Exercise details: Your answer should consist of the lines in the data below that contain "Prelude".

Source records
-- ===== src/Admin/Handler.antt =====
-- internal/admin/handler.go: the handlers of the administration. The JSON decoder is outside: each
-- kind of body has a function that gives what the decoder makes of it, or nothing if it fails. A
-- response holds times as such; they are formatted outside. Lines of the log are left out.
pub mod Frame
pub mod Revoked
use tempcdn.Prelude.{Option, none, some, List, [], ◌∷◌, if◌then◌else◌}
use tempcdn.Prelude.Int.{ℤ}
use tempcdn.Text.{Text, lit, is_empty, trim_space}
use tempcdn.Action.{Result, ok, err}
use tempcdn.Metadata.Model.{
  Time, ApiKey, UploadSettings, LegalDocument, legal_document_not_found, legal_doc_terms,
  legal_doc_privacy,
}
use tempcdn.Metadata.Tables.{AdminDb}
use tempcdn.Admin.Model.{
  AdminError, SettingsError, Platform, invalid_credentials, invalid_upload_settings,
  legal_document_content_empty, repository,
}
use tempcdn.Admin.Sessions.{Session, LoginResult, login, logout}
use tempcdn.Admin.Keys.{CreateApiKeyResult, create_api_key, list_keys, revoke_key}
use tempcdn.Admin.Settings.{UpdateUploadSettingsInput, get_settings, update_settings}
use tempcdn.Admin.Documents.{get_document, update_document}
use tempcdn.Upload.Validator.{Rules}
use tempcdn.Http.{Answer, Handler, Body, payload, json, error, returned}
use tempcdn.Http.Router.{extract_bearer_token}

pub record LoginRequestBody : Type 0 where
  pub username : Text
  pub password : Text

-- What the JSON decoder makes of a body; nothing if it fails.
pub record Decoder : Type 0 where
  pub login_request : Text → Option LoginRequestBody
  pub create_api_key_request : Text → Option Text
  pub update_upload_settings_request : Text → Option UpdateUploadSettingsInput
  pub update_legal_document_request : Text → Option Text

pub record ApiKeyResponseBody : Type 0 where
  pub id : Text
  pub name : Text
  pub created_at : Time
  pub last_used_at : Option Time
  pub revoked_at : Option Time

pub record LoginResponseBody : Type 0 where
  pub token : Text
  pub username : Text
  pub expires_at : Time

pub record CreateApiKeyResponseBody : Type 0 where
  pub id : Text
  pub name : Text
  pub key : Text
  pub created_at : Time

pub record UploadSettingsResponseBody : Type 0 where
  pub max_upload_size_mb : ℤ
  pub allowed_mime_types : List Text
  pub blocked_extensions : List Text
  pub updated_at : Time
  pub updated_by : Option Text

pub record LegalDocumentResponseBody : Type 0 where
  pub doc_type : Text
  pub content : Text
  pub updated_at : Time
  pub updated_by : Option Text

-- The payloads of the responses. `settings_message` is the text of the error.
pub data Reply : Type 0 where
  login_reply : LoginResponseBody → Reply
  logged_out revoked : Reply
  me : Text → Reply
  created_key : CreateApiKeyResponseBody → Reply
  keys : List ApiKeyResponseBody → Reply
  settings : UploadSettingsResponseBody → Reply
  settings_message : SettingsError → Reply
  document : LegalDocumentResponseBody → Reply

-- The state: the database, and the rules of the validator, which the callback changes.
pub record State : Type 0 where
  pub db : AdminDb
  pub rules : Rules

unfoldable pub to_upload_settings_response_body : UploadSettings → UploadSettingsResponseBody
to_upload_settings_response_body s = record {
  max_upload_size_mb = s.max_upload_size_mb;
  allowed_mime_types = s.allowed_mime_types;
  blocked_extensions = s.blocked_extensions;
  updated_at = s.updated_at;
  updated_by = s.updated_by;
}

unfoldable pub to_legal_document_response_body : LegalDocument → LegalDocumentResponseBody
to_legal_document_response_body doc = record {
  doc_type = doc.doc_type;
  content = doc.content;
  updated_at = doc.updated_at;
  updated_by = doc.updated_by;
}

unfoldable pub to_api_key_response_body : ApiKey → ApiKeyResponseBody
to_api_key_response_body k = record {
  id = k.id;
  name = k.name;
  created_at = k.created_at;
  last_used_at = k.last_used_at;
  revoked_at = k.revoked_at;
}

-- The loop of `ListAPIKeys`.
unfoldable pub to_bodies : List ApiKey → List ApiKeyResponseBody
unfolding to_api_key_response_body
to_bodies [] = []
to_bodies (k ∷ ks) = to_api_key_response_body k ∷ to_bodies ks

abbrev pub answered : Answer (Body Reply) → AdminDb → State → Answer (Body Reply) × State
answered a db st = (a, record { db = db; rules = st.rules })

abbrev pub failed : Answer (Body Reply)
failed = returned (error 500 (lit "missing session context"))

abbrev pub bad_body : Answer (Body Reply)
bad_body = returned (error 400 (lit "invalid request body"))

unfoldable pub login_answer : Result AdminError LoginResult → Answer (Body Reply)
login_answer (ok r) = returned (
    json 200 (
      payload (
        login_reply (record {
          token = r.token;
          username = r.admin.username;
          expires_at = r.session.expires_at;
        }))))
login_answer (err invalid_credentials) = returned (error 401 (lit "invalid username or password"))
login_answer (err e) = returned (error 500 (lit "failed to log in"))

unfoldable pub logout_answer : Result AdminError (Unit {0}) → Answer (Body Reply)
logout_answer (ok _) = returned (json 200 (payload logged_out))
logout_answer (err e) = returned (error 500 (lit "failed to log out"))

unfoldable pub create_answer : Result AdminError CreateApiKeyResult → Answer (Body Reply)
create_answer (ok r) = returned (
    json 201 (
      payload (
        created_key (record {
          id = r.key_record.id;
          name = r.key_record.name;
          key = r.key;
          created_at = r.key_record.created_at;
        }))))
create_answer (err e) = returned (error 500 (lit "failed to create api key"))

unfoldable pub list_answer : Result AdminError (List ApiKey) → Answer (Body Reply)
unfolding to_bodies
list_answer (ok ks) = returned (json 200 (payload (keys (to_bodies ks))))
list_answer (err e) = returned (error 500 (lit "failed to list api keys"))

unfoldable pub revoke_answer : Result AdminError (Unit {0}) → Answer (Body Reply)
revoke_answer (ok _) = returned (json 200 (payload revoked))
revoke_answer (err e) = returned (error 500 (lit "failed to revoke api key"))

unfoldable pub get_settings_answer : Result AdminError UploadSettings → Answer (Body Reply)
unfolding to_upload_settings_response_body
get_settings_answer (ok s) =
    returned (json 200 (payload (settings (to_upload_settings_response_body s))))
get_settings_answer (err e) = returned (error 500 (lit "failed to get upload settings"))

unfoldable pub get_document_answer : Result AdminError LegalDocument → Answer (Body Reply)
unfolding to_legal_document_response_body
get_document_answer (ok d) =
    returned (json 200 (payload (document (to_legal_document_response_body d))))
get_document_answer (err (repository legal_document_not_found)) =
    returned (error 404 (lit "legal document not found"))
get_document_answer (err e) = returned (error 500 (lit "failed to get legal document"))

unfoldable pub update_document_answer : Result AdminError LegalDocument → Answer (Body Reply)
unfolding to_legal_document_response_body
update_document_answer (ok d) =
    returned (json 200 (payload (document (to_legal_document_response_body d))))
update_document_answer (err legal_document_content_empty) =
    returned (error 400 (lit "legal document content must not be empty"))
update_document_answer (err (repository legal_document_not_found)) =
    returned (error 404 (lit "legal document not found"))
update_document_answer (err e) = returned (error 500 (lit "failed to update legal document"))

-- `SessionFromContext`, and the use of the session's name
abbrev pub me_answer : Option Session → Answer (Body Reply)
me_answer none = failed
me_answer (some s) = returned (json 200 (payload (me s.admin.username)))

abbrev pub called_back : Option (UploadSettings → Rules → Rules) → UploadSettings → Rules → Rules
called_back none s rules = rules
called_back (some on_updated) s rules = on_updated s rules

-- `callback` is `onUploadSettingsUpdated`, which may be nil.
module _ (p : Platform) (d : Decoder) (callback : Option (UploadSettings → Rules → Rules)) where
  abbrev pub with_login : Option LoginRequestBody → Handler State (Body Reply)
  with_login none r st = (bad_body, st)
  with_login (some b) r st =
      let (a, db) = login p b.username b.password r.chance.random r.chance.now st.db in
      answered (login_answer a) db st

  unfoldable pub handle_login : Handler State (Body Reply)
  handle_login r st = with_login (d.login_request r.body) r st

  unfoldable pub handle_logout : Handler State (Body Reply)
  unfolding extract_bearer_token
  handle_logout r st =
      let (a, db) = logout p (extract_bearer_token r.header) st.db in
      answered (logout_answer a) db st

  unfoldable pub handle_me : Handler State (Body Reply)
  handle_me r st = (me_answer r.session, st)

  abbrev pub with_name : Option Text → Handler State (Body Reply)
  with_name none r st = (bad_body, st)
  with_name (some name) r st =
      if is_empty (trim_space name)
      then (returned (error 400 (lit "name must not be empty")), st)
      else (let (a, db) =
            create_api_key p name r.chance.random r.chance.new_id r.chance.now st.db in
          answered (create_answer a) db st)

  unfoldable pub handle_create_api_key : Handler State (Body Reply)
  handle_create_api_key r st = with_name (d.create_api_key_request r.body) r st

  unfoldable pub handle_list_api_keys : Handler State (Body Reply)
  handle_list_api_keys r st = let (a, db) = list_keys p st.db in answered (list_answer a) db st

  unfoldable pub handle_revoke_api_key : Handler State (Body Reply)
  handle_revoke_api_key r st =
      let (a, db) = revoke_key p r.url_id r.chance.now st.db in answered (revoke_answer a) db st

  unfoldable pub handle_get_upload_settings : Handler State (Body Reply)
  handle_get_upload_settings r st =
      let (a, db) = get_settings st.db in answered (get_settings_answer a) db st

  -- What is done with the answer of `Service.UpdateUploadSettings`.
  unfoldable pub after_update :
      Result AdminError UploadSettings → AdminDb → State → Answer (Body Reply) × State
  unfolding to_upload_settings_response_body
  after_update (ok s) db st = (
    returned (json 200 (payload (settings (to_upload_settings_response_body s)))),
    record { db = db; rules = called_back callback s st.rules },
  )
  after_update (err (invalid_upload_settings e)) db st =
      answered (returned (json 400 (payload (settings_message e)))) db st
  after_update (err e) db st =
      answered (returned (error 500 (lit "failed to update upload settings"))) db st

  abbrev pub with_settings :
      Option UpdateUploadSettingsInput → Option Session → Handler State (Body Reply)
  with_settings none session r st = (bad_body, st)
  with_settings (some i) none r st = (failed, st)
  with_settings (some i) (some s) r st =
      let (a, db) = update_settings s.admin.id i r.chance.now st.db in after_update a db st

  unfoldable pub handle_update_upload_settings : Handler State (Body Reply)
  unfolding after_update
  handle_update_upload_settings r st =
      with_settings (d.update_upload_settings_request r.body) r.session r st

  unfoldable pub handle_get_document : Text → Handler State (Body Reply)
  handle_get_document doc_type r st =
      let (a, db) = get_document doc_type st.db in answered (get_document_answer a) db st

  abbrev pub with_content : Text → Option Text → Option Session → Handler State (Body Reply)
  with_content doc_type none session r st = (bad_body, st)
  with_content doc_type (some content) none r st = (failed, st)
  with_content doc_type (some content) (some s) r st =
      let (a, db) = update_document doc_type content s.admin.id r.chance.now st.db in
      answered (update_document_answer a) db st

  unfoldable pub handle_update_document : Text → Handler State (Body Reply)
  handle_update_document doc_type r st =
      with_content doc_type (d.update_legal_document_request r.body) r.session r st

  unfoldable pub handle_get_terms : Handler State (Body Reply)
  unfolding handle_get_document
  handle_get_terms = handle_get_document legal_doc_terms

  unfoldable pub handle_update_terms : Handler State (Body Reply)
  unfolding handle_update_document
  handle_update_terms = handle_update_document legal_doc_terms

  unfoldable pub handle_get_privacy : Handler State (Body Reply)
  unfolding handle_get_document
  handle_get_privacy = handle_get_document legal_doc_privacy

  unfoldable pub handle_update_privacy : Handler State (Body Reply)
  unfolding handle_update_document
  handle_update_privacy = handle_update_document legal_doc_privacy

Task answer:
use tempcdn.Prelude.{Option, none, some, List, [], ◌∷◌, if◌then◌else◌}
use tempcdn.Prelude.Int.{ℤ}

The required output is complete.